Der Terra neigt dazu, bei zu straffer Einstellung von der Rübe zu rutschen, Damit ist er raus.


----------



## noocelo (7. Juli 2015)

Sittenstrolch schrieb:


> Ich bin in 25 Jahren noch nie mit nem Tuch auch dem Kopf gefahren


ich bin in 22 jahren selten ohne tuch zwischen kopp und helm
gefahren; nimm' den größeren.


----------



## MTB-News.de




----------



## Zara Bernard (7. Juli 2015)

noocelo schrieb:


> ich bin in 22 jahren selten ohne tuch zwischen kopp und helm
> gefahren;


----------



## negativ (7. Juli 2015)

Na ich fahre fast nie mit Tuch.
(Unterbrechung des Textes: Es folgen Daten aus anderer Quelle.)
-- ===== src/Testlib/Actions.antt =====
-- netrix/testlib/actions.go: what a filter does when its condition holds. An action returns messages
-- to deliver, and the context that it leaves.
pub mod Counters
pub mod Once
use tendermint_testing.Base.{
  ℕ, ◌≡◌, String, Bool, true, false, List, [], ◌∷◌, ◌++◌, Option, none, some, if◌then◌else◌,
  get_elem?, set, modify, string_eq,
}
use tendermint_testing.Types.Event as Event
use tendermint_testing.Types.Event.{Event, message_id}
use tendermint_testing.Types.Messages as Messages
use tendermint_testing.Types.Messages.{Message, MessageStore}
use tendermint_testing.Testlib.Vars as Vars
use tendermint_testing.Testlib.Vars.{VarSet, message, set_var, set_at}
use tendermint_testing.Testlib.Context.{Context, get_message, get_from}
use tendermint_testing.Testlib.Conditions.{Condition, is_done}
use tendermint_testing.Testlib.Wrappers.{CountWrapper, SetWrapper}

abbrev pub Action : Type 0 → Type 0
Action P = Event → Context P → List (Message P) × Context P

-- A FilterFunc: the messages, whether the event was handled, and the context.
abbrev pub FilterFunc : Type 0 → Type 0
FilterFunc P = Event → Context P → (List (Message P) × Bool) × Context P

module _ {P : Type 0} where
  abbrev pub append_to :
      List (Message P) → List (Message P) × Context P → List (Message P) × Context P
  append_to ms (ns, c) = (ms ++ ns, c)

  abbrev result_of : List (Message P) × Context P → List (Message P)
  result_of (ms, c) = ms

  abbrev context_of : List (Message P) × Context P → Context P
  context_of (ms, c) = c

  -- The actions in their order, each in the context that the one before leaves.
  unfoldable pub run_actions : List (Action P) → Event → Context P → List (Message P) × Context P
  run_actions [] e c = ([], c)
  run_actions (a ∷ actions) e c =
      append_to (result_of (a e c)) (run_actions actions e (context_of (a e c)))

  abbrev pub handled : List (Message P) × Context P → (List (Message P) × Bool) × Context P
  handled (ms, c) = ((ms, true), c)

  abbrev pub then_run :
      List (Action P) → Event → Bool × Context P → (List (Message P) × Bool) × Context P
  then_run actions e (true, c) = handled (run_actions actions e c)
  then_run actions e (false, c) = (([], false), c)

  -- If(cond).Then(actions...)
  unfoldable pub if_then : Condition P → List (Action P) → FilterFunc P
  unfolding run_actions
  if_then cond actions e c = then_run actions e (cond e c)

  abbrev pub as_messages : Option (Message P) → List (Message P)
  as_messages none = []
  as_messages (some m) = m ∷ []

  unfoldable pub deliver_message : Action P
  deliver_message e c = elim (Event.is_message_send e) [
    | false ↦ ([], c)
    | true ↦ (as_messages (get_from c.message_pool (message_id e)), c)
  ]

  unfoldable pub drop_message : Action P
  drop_message e c = ([], c)

  abbrev incr_cell : Option ℕ × Context P → List (Message P) × Context P
  incr_cell (none, c) = ([], c)
  incr_cell (some n, c) = ([], record c { vars = Vars.incr c.vars n })

  unfoldable pub incr : CountWrapper P → Action P
  unfolding Vars.incr
  incr w e c = incr_cell (w e c)

  abbrev add_message : Message P → MessageStore P → MessageStore P
  add_message m s = (Messages.add s m).0

  abbrev store_in : Event → Option ℕ × Context P → List (Message P) × Context P
  store_in e (none, c) = ([], c)
  store_in e (some s, c) = elim (get_message c e) [
    | none ↦ ([], c)
    | some m ↦
        ([], record c { vars = record c.vars { sets = modify (add_message m) c.vars.sets s } })
  ]

  unfoldable pub store : SetWrapper P → Action P
  store w e c = store_in e (w e c)

  abbrev values_of : Option (MessageStore P) → List (Message P)
  values_of none = []
  values_of (some s) = Messages.iter s

  abbrev deliver_from : Option ℕ × Context P → List (Message P) × Context P
  deliver_from (none, c) = ([], c)
  deliver_from (some s, c) = (
    values_of (set_at c.vars s),
    record c { vars = record c.vars { sets = modify Messages.remove_all c.vars.sets s } },
  )

  unfoldable pub deliver_all : SetWrapper P → Action P
  unfolding set_at
  deliver_all w e c = deliver_from (w e c)

  unfoldable pub record_message_as : String → Action P
  unfolding set_var
  record_message_as label e c = elim (get_message c e) [
    | none ↦ ([], c)
    | some m ↦ ([], record c { vars = set_var c.vars label (message m) })
  ]

  -- The flag is set before the action runs.
  unfoldable pub once_action : ℕ → Action P → Action P
  once_action i action e c = elim (is_done c i) [
    | true ↦ ([], c)
    | false ↦ action e (record c { once_done = set c.once_done i true })
  ]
Die Haare sind grad nicht zuwenig und auch nicht zuviel, so dass ein Tuch zumindest im Sommer nicht nötig ist.

Im Winter fahre ich nicht viel, nur 2x tgl zum Kindergarten. Auch da kann man natürlich fallen.


----------



## Alumini (7. Juli 2015)

Bei nem schmalen Kopf ("oval" wurde genannt) kannst Du auch mal Specialized und Abus probieren.


----------



## negativ (7. Juli 2015)

Inzwischen noch den Alpina Carapax probiert. Er passt, fällt nicht runter, fühlt sich aber an der Stirn zumindest ungewohnt an. Der Specialized Tactic II passt auch, Danke Alumini, aber er drückt im Nacken an die Stelle, welche beim Radeln immer Zug hat und sich dann gerne verspannt. Abus hat an den Schläfen gedrückt.

Es ist verrückt, je mehr man probiert, umso mehr Problemzonen gibt es. Langsam bekomme ich aber eine Vermutung wie der Helm sitzen muss.


----------



## Kerosin0815 (7. Juli 2015)

Wenn de ne Bommelmütz unter dem Helm tragen möchtest brauchst du einen weiten /großen Helm.....


----------



## negativ (7. Juli 2015)

Die Bommel ist noch besser als der Helm. Laut ADFC tests kann man sie mit bis zu 500g beschleunigen, ohne dass sie kaputt geht.

Also entweder Bommelmütze oder Helm. Ein weiterer Vorteil der Bommelmütze, sie passt auf runde und ovale Köpfe und braucht keinen Kinnriemen.


----------



## noocelo (7. Juli 2015)




----------



## negativ (8. Juli 2015)

noocelo schrieb:


> Anhang anzeigen 402581


Hättest du mir das Bild nicht eher schicken können.

Jetzt habe ich mich schon für den MET Kaos in gross entschieden und hätte aber viel lieber die Bommel .

Der Kaos sitzt am angenehmsten am Kopf. Da drückt und wackelt nichts. Angenehm ist besonders das Gelpad an der Stirn aber auch die anderen Pads sind für mich angenehmer als die der von mir getesteten Konkurrenz. Mal sehen, wie es sich bei einer längeren Tour macht. Erkennbar ist auf jedenfall der rote Streifen auf der Stirn vom GelPad.

Meine erste Ausfahrt gestern abend wurde mir allerdings verhagelt. Zum Glück gleich beim Start.

Bei der gut passend nicht zu eng und nicht zu weit Einstellung bleiben noch 3 Klicks zum eng stellen. Das muss reichen.


----------